This is excellent! Thanks a bunch for suggesting this. I had no idea about the limitation of bokeh.charts. Now, is there any way to remove the axis, grid and the white behind the pie chart? Also, is it possible to draw a donut chart (pie with a hole) using the bokeh.plotting?
Yes, see the Styling Visual Attributes section of the user's guide. For the other question, yes, there is also an annular_wedge glyph method that takes both inner and outer radii
Actually to get rid of axes completely you'd want figure(..., x_axis_location=None, ...) which I guess is documented elsewhere. Getting rid of grids is a syling issue tho (set grid line color to none)
CustomJS.from_py_func has been removed from Bokeh.
Yes, it relied on a flaky third party library and was ultimately unsupportable. Happily, it's generally possible to accomplish the same thing with a few lines of JS: docs.bokeh.org/en/latest/docs/user_guide/interaction/…
0

I think I found my answer. Here is the code in case it helps

''' Present an interactive function explorer with slider widgets.

Scrub the slider to change the pie shape in the donut plot

Use the ``bokeh serve`` command to run the example by executing:

    bokeh serve donuts.py

at your command prompt.

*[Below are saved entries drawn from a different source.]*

-- ===== src/Client/Pool/Places.antt =====
-- pkg/client/pool.go: where the connections are, and how far Close has come.
use warp_stream.Base.{
  ℕ, ◌+◌, ◌≤◌, ◌≡◌, ◌∙◌, ap, true, false, List, [], ◌∷◌, ◌++◌, length, ltb, ◌==◌, if◌then◌else◌,
  arith,
}
use warp_stream.Client.Pool.{
  Maintainer, looking, dialing, stopped, holding, Closer, not_called, waiting, draining, returned,
  Pool,
}

-- How often a connection stands in a list.
unfoldable pub count : ℕ → List ℕ → ℕ
count i [] = 0
count i (c ∷ cs) = (if i == c then 1 else 0) + count i cs

pub count-append : (i : ℕ) (cs ds : List ℕ) → count i (cs ++ ds) ≡ count i cs + count i ds
unfolding count
count-append i [] ds = omega arith
count-append i (c ∷ cs) ds = omega (arith, count-append i cs ds)

abbrev pub held : Maintainer → List ℕ
held (holding c) = c ∷ []
held looking = []
held dialing = []
held stopped = []

pub count-held : (i : ℕ) {m n : Maintainer} → m ≡ n → count i (held m) ≡ count i (held n)
count-held i e = ap (λ k. count i (held k)) e

-- In how many places a connection is.
abbrev pub places : ℕ → Pool → ℕ
places i p =
    count i p.conns
    + count i (held p.maintainer)
    + count i p.in_get
    + count i p.given
    + count i p.shut

-- Close has called cancel, and behind its wait `maintain` is over; when it has returned, the channel
-- is empty.
abbrev pub Progress : Closer → Pool → Type 0
Progress not_called p = p.cancelled ≡ false
Progress waiting p = p.cancelled ≡ true
Progress draining p = (p.cancelled ≡ true) × (p.maintainer ≡ stopped)
Progress returned p = (p.cancelled ≡ true) × (p.maintainer ≡ stopped) × (p.conns ≡ [])

pub record PoolInv (min_idle : ℕ) (p : Pool) : Type 0 where
  pub capacity : p.min_idle ≡ min_idle
  pub bounded : length p.conns ≤ min_idle
  pub owned : (i : ℕ) → places i p ≡ (if ltb i p.next then 1 else 0)
  pub same : p.closed ≡ p.cancelled
  pub progress : Progress p.closer p

-- The progress of Close is kept by a step that does not wake `maintain`, does not cancel and leaves an
-- empty channel empty once `maintain` is over.
pub Progress_kept :
    (k : Closer) (p q : Pool)
    → q.cancelled ≡ p.cancelled
    → (p.maintainer ≡ stopped → q.maintainer ≡ stopped)
    → (p.maintainer ≡ stopped → p.conns ≡ [] → q.conns ≡ [])
    → Progress k p
    → Progress k q
Progress_kept not_called p q c m e h = c ∙ h
Progress_kept waiting p q c m e h = c ∙ h
Progress_kept draining p q c m e h = (c ∙ h.0, m h.1)
Progress_kept returned p q c m e h = (c ∙ h.0, m h.1, e h.1 h.2)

Then navigate to the URL

    http://localhost:5006/donuts

in your browser.

'''
import numpy as np

from bokeh.io import curdoc
from bokeh.layouts import row, widgetbox
from bokeh.models import ColumnDataSource
from bokeh.models.widgets import Slider, TextInput
from bokeh.plotting import figure
from math import pi

# Set up data
source = ColumnDataSource(data=dict(
    start=[0, 0], end=[0., 2*pi], color=["white", "red"]
))

# Set up plot
plot = figure(x_axis_location=None, y_axis_location=None, plot_width=400, plot_height=400,)
plot.annular_wedge(x=0, y=0, start_angle='start', end_angle='end', inner_radius=.4, outer_radius=.8,
        color="color", alpha=1., source=source)
#plot.background_fill_color = None
plot.xgrid.grid_line_color = None
plot.ygrid.grid_line_color = None

# Set up widgets
slider = Slider(start=.0, end=round(2*pi,2), value=.0, step=.1, title="delta-V")

# Set up callbacks
  
def update(attrname, old, new):
    
    # Get the current slider values
    z = slider.value
    source.data = dict(start=[pi,pi+z], end=[pi+z, pi], color=["yellow", "red"])

for w in [slider]:
    w.on_change('value', update)


# Set up layouts and add to document
inputs = widgetbox(slider)

curdoc().add_root(row(inputs, plot, width=800))
curdoc().title = "Donut"

Comments

0

The code from bigreddot didn't work for me. Plot showed but didn't change. Here is my slight modification for anyone that could use it.

#cd file directory
#bokeh serve --show filename.py

from math import pi
from bokeh.io import curdoc
from bokeh.io import output_file, show
from bokeh.layouts import column
from bokeh.models import ColumnDataSource, CustomJS, Slider
from bokeh.plotting import figure


source = ColumnDataSource(data=dict(
    start=[0, 0.2], end=[0.2, 2*pi], color=['firebrick', 'navy']
))

plot = figure()
plot.wedge(x=0, y=0, start_angle='start', end_angle='end', radius=1,
        color='color', alpha=0.6, source=source)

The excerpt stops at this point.